On Baire-1/4 functions

We give descriptions of the spaces $D(K)$ (i.e. the space of differences of bounded semicontinuous functions on $K$) and especially of $B_{1/4}(K)$ (defined by Haydon, Odell and Rosenthal) as well as for the norms which are defined on them.
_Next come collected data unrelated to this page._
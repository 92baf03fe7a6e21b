-- ===== src/Examples/Lifecycles.antt =====
-- Controllers that are started, stopped and started again.
use cluster_registry_control.Common.{
  ℕ, arith, ◌≤◌, ◌≡◌, refl, true, false, none, some, [], ◌∷◌, length, get, put, nat_beq,
}
use cluster_registry_control.Examples.Samples.{simple, secret_kind, secrets_spec, fresh}
use cluster_registry_control.Clusters.Reconciler.{
  RuntimeManager, ManagedReconcilerBase, base_reconciler, new_managed_reconciler,
  base_setup_with_controller, set_context, set_manager, set_scheme, set_client,
}
use cluster_registry_control.Clusters.Manager.{Manager}
use cluster_registry_control.Clusters.Lifecycle.{
  waiting, cancel, Goroutine, checking, retrying, electing, syncing, running, System, Answers,
  new_system, start_controller, stop_controller, check, start_parts, new_unmanaged,
  create_and_start_cache, create_client, use_client, inject, set_up, leave_running, turn,
  with_cache, inject_func,
}
use cluster_registry_control.Clusters.Lifecycle.Steps.{
  stops, Reach, here, next, starts, parent_ends, acts, Always, Never,
}
use cluster_registry_control.Clusters.Lifecycle.Calm.{calm_controllers_do_not_panic}
use cluster_registry_control.Clusters.Controller.{set_running, Running, ManagedController}
use cluster_registry_control.Clusters.Lifecycle.Abstract.{
  is_running, called_stop, flags_after, steps_refine_flag,
}
use cluster_registry_control.Clusters.Lifecycle.Ends.{run_turns, runner_ends}
use cluster_registry_control.Clusters.Lifecycle.Restart.{given_up_for_good}
use cluster_registry_control.Controllers.Sync.Setup.{
  of_kind, in_memory, of_informer, SyncSetup, Library, SetupAnswers, sync_reconciler,
  new_sync_setup, setup_with_controller, set_up_base, start_local_cache, create_local_client,
  use_local_client, watch_kind, watch_memory, keep_ctrl, start_sync, set_local_cluster_id,
  watch_local, local_kind, init_object_from_gvk, init_local_informer,
}
use cluster_registry_control.Controllers.Sync.{new_sync_reconciler}
use cluster_registry_control.Controllers.Sync.PreCheck.{pre_check, check_verbs, write_pre_check}
use cluster_registry_control.Api.Rules.{get_mutated_gvk}
use cluster_registry_control.Controllers.Sync.Setup.Fresh.{three_turns, fresh_controller_runs}
use cluster_registry_control.Controllers.Sync.Setup.Local.{local_watches}
use cluster_registry_control.Controllers.Sync.Setup.Life.{
  new_controller, local_watch_is_not_renewed,
}

abbrev remote : RuntimeManager
remote = record { handle = 7; scheme = 1 }

abbrev all_well : {E : Type 0} → E → Answers E
all_well e = record {
  new_unmanaged = some 20;
  new_cache = some 30;
  cache_synced = true;
  new_client = some 40;
  new_delegating_client = some 41;
  injects = true;
  elected = true;
  manager_synced = true;
  ticks = false;
  reconciler_answers = e;
}

abbrev well : Answers (Unit {0})
well = all_well tt

abbrev not_synced : Answers (Unit {0})
not_synced = record well { cache_synced = false }

abbrev base : ManagedReconcilerBase
base = record {
  name = "demo";
  ctx = none;
  mgr = none;
  recorder = none;
  scheme = none;
  client = none;
}

-- A start, a check that succeeds, and the turns up to the run.
abbrev started : System ManagedReconcilerBase
started = start_controller base_reconciler remote false (new_system base)

took : Answers (Unit {0}) → Goroutine → System ManagedReconcilerBase → System ManagedReconcilerBase
unfolding turn check start_parts new_unmanaged create_and_start_cache create_client use_client
    inject set_up leave_running base_reconciler start_controller new_system
took a g s = turn base_reconciler a g (record s { goroutines = [] })

abbrev checked : System ManagedReconcilerBase
checked = took well checking started

abbrev elected : System ManagedReconcilerBase
elected = took well electing checked

abbrev runs : System ManagedReconcilerBase
runs = took well syncing elected

abbrev tries_again : System ManagedReconcilerBase
tries_again = took not_synced checking started

life_test :
    (checked.goroutines ≡ electing ∷ [])
    × (runs.goroutines ≡ running ∷ [])
    × (runs.ctrl ≡ some 20)
    × (runs.reconciler.client ≡ some 41)
    × (tries_again.goroutines ≡ retrying 0 ∷ [])
    × (tries_again.caches ≡ 30 ∷ [])
unfolding took
life_test = (refl, refl, refl, refl, refl, refl)

-- An object that asks for both gets the cache.
inject_test :
    inject_func runs (record { wants_cache = true; wants_client = true; fails = false })
    ≡ some (with_cache (some 30))
unfolding inject_func took
inject_test = refl

calm_controllers_do_not_panic_example : (runs.panicked ≡ false) × (length runs.goroutines ≤ 1)
unfolding took
calm_controllers_do_not_panic_example =
    calm_controllers_do_not_panic base_reconciler base {s = runs} (
      next
        (next
          (next (next here (starts remote false refl (λ e. refl)))
            (acts {s = started} well [] [] checking refl refl))
          (acts {s = checked} well [] [] electing refl refl))
        (acts {s = elected} well [] [] syncing refl refl))

given_up_for_good_example :
    (t : System ManagedReconcilerBase) × Reach base_reconciler Never Never tries_again t
    × ((u : System ManagedReconcilerBase)
        → Reach base_reconciler Always Never t u
        → u.goroutines ≡ [])
unfolding took
given_up_for_good_example = given_up_for_good base_reconciler well tries_again 0 0 refl refl refl

-- Runs in a context that is done.
abbrev over : System ManagedReconcilerBase
over = record runs { done = λ n. nat_beq n 0 }

-- Typed objects of the scheme carry no kind, as those of a new object do.
abbrev library : Library
library = record {
  machinery = simple;
  plural = λ kind. kind;
  kind_text = λ g. g.kind;
  typed = λ g. none;
}

abbrev granted : SetupAnswers
granted = record {
  review = λ attributes. some true;
  local_review = some (λ attributes. some true);
  new_cache = some 31;
  cache_synced = true;
  new_client = some 42;
  new_delegating_client = some 43;
  watches_kind = true;
  watches_memory = true;
  cluster_id = some "u0";
  informs = true;
  watches_informer = true;
}

abbrev no_clusters : Manager
no_clusters = record {
  clusters = [];
  on_before_add_funcs = [];
  on_before_delete_funcs = [];
  on_after_add_funcs = [];
  on_after_delete_funcs = [];
  heap = λ h. fresh;
  calls = [];
}

abbrev new_syncer : System SyncSetup
new_syncer = new_controller library secrets_spec "secrets" "r" "u2" no_clusters

synced_by : ℕ → Goroutine → System SyncSetup → System SyncSetup
unfolding turn check start_parts new_unmanaged create_and_start_cache create_client use_client
    inject set_up leave_running start_controller new_system sync_reconciler new_sync_setup
    setup_with_controller set_up_base base_setup_with_controller set_context set_manager set_scheme
    set_client start_local_cache create_local_client use_local_client watch_kind watch_memory
    keep_ctrl start_sync set_local_cluster_id watch_local local_kind init_object_from_gvk
    init_local_informer pre_check check_verbs write_pre_check get_mutated_gvk new_sync_reconciler
    new_managed_reconciler
synced_by ctrl g s =
    turn (sync_reconciler library) (record (all_well granted) { new_unmanaged = some ctrl }) g
      (record s { goroutines = [] })

-- The first run has the controller 20.
abbrev synced : Goroutine → System SyncSetup → System SyncSetup
synced = synced_by 20

abbrev syncer_runs : System SyncSetup
syncer_runs = synced syncing (
    synced electing
      (synced checking (start_controller (sync_reconciler library) remote false new_syncer)))

syncer_test : local_watches syncer_runs.reconciler ≡ (20, of_informer secret_kind) ∷ []
unfolding synced_by get put
syncer_test = refl

abbrev answered : Answers SetupAnswers
answered = all_well granted

abbrev syncer_started : System SyncSetup
syncer_started = start_controller (sync_reconciler library) remote false new_syncer

syncer_reach :
    Reach
      (sync_reconciler library)
      Always
      Always
      (new_controller library secrets_spec "secrets" "r" "u2" no_clusters)
      syncer_runs
unfolding synced_by
syncer_reach =
    next
      (next
        (next (next here (starts remote false refl tt))
          (acts {s = syncer_started} answered [] [] checking refl refl))
        (acts {s = synced checking syncer_started} answered [] [] electing refl refl))
      (acts {s = synced electing (synced checking syncer_started)} answered [] [] syncing refl refl)

-- The context ends, the run cleans up, and the controller is started and runs again, as 21.
abbrev again : Answers SetupAnswers
again = record answered { new_unmanaged = some 21 }

abbrev lost : System SyncSetup
lost = record syncer_runs { done = cancel 0 syncer_runs.done }

abbrev returned : System SyncSetup
returned = synced_by 21 running lost

abbrev cleaned : System SyncSetup
cleaned = synced_by 21 (waiting 0) returned

abbrev restarted : System SyncSetup
restarted = start_controller (sync_reconciler library) remote false cleaned

abbrev rechecked : System SyncSetup
rechecked = synced_by 21 checking restarted

abbrev reelected : System SyncSetup
reelected = synced_by 21 electing rechecked

abbrev runs_again : System SyncSetup
runs_again = synced_by 21 syncing reelected

restart_test : (runs_again.reconciler.ctrl ≡ some 21) × (runs_again.goroutines ≡ running ∷ [])
unfolding synced_by get put
restart_test = (refl, refl)

restart_reach : Reach (sync_reconciler library) Always Always syncer_runs runs_again
unfolding synced_by get put
restart_reach =
    next
      (next
        (next
          (next
            (next
              (next (next here (parent_ends 0 refl))
                (acts {s = lost} again [] [] running refl refl))
              (acts {s = returned} again [] [] (waiting 0) refl refl))
            (starts {s = cleaned} remote false refl tt))
          (acts {s = restarted} again [] [] checking refl refl))
        (acts {s = rechecked} again [] [] electing refl refl))
      (acts {s = reelected} again [] [] syncing refl refl)

-- The only local watch is that of the controller 20.
local_watch_is_not_renewed_example :
    local_watches runs_again.reconciler ≡ (20, of_informer secret_kind) ∷ []
local_watch_is_not_renewed_example =
    local_watch_is_not_renewed library secrets_spec "secrets" "r" "u2" no_clusters {s = syncer_runs}
      syncer_reach (20, of_informer secret_kind) syncer_test restart_reach

abbrev not_elected : Answers (Unit {0})
not_elected = record well { elected = false }

runner_ends_example :
    ((run_turns base_reconciler (well ∷ not_synced ∷ []) over).goroutines ≡ [])
    × ((run_turns base_reconciler
          (not_elected ∷ not_elected ∷ [])
          (record over { goroutines = electing ∷ [] })).goroutines
        ≡ electing ∷ [])
unfolding took
runner_ends_example =
    runner_ends base_reconciler (well ∷ not_synced ∷ []) (not_elected ∷ not_elected ∷ []) 0 running
      over refl refl refl tt (refl, (refl, tt)) (omega arith) (refl, (refl, tt))

abbrev demo : ManagedController
demo = record { handle = 3; name = "demo"; required_cluster_features = [] }

abbrev demo_runs : Running
demo_runs = set_running 3 true (λ h. false)

steps_refine_flag_example :
    flags_after called_stop demo demo_runs 3 ≡ is_running (stop_controller started)
unfolding took
steps_refine_flag_example =
    steps_refine_flag base_reconciler demo demo_runs (stops {s = started} refl tt) refl

abbrev first_three : System SyncSetup
first_three =
    three_turns 20 30 41 31 43 "u0" library secrets_spec "secrets" "r" "u2" no_clusters remote
      (λ attributes. some true) (λ attributes. some true)

fresh_controller_runs_example :
    (first_three.goroutines ≡ running ∷ [])
    × (first_three.panicked ≡ false)
    × (first_three.reconciler.watches
        ≡ (20, of_kind (init_object_from_gvk library secrets_spec.gvk))
          ∷ (20, in_memory)
          ∷ (20, of_informer (local_kind library secrets_spec))
          ∷ [])
    × (first_three.reconciler.local_caches ≡ (31, some 0) ∷ [])
    × (first_three.ctrl_context ≡ some 0)
    × (first_three.reconciler.base.mgr ≡ some remote)
    × (first_three.reconciler.base.client ≡ some 41)
    × (first_three.reconciler.local_client ≡ some 43)
    × (first_three.reconciler.sync.local_cluster_id ≡ "u0")
unfolding pre_check check_verbs write_pre_check
fresh_controller_runs_example =
    fresh_controller_runs 20 30 41 31 43 "u0" library secrets_spec "secrets" "r" "u2" no_clusters
      remote (λ attributes. some true) (λ attributes. some true) refl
For example, it is proved that a bounded function on a metric space $K$ belongs to $B_{1/4}(K)$ if and only if the $\omega ^{ % \mathrm {th}}$-oscillation, $\mathrm {osc}_{\omega }f$, of $f$ is bounded and in this case $\| f\|_{1/4}=\|\, |f|+ \widetilde {\mathrm {osc}}_{\omega } f\|_{\infty }$. Also, we classify $B_{1/4}(K)$ into a decreasing family $(S_{\xi }(K))_{1\leq \xi <\omega _1}$ of Banach spaces whose intersection is equal to $D(K)$ and $S_1 (K)=B_{1/4}(K)$. These spaces are characterized by spreading models of order $\xi$ equivalent to the summing basis of $c_0$, and for every function $f$ in $S_{\xi }(K)$ it is valid that $\mathrm {osc}_{\omega ^{\xi }}f$ is bounded. Finally, using the notion of null-coefficient of order $\xi$ sequence, we characterize the Baire-1 functions not belonging to $S_{\xi }(K)$.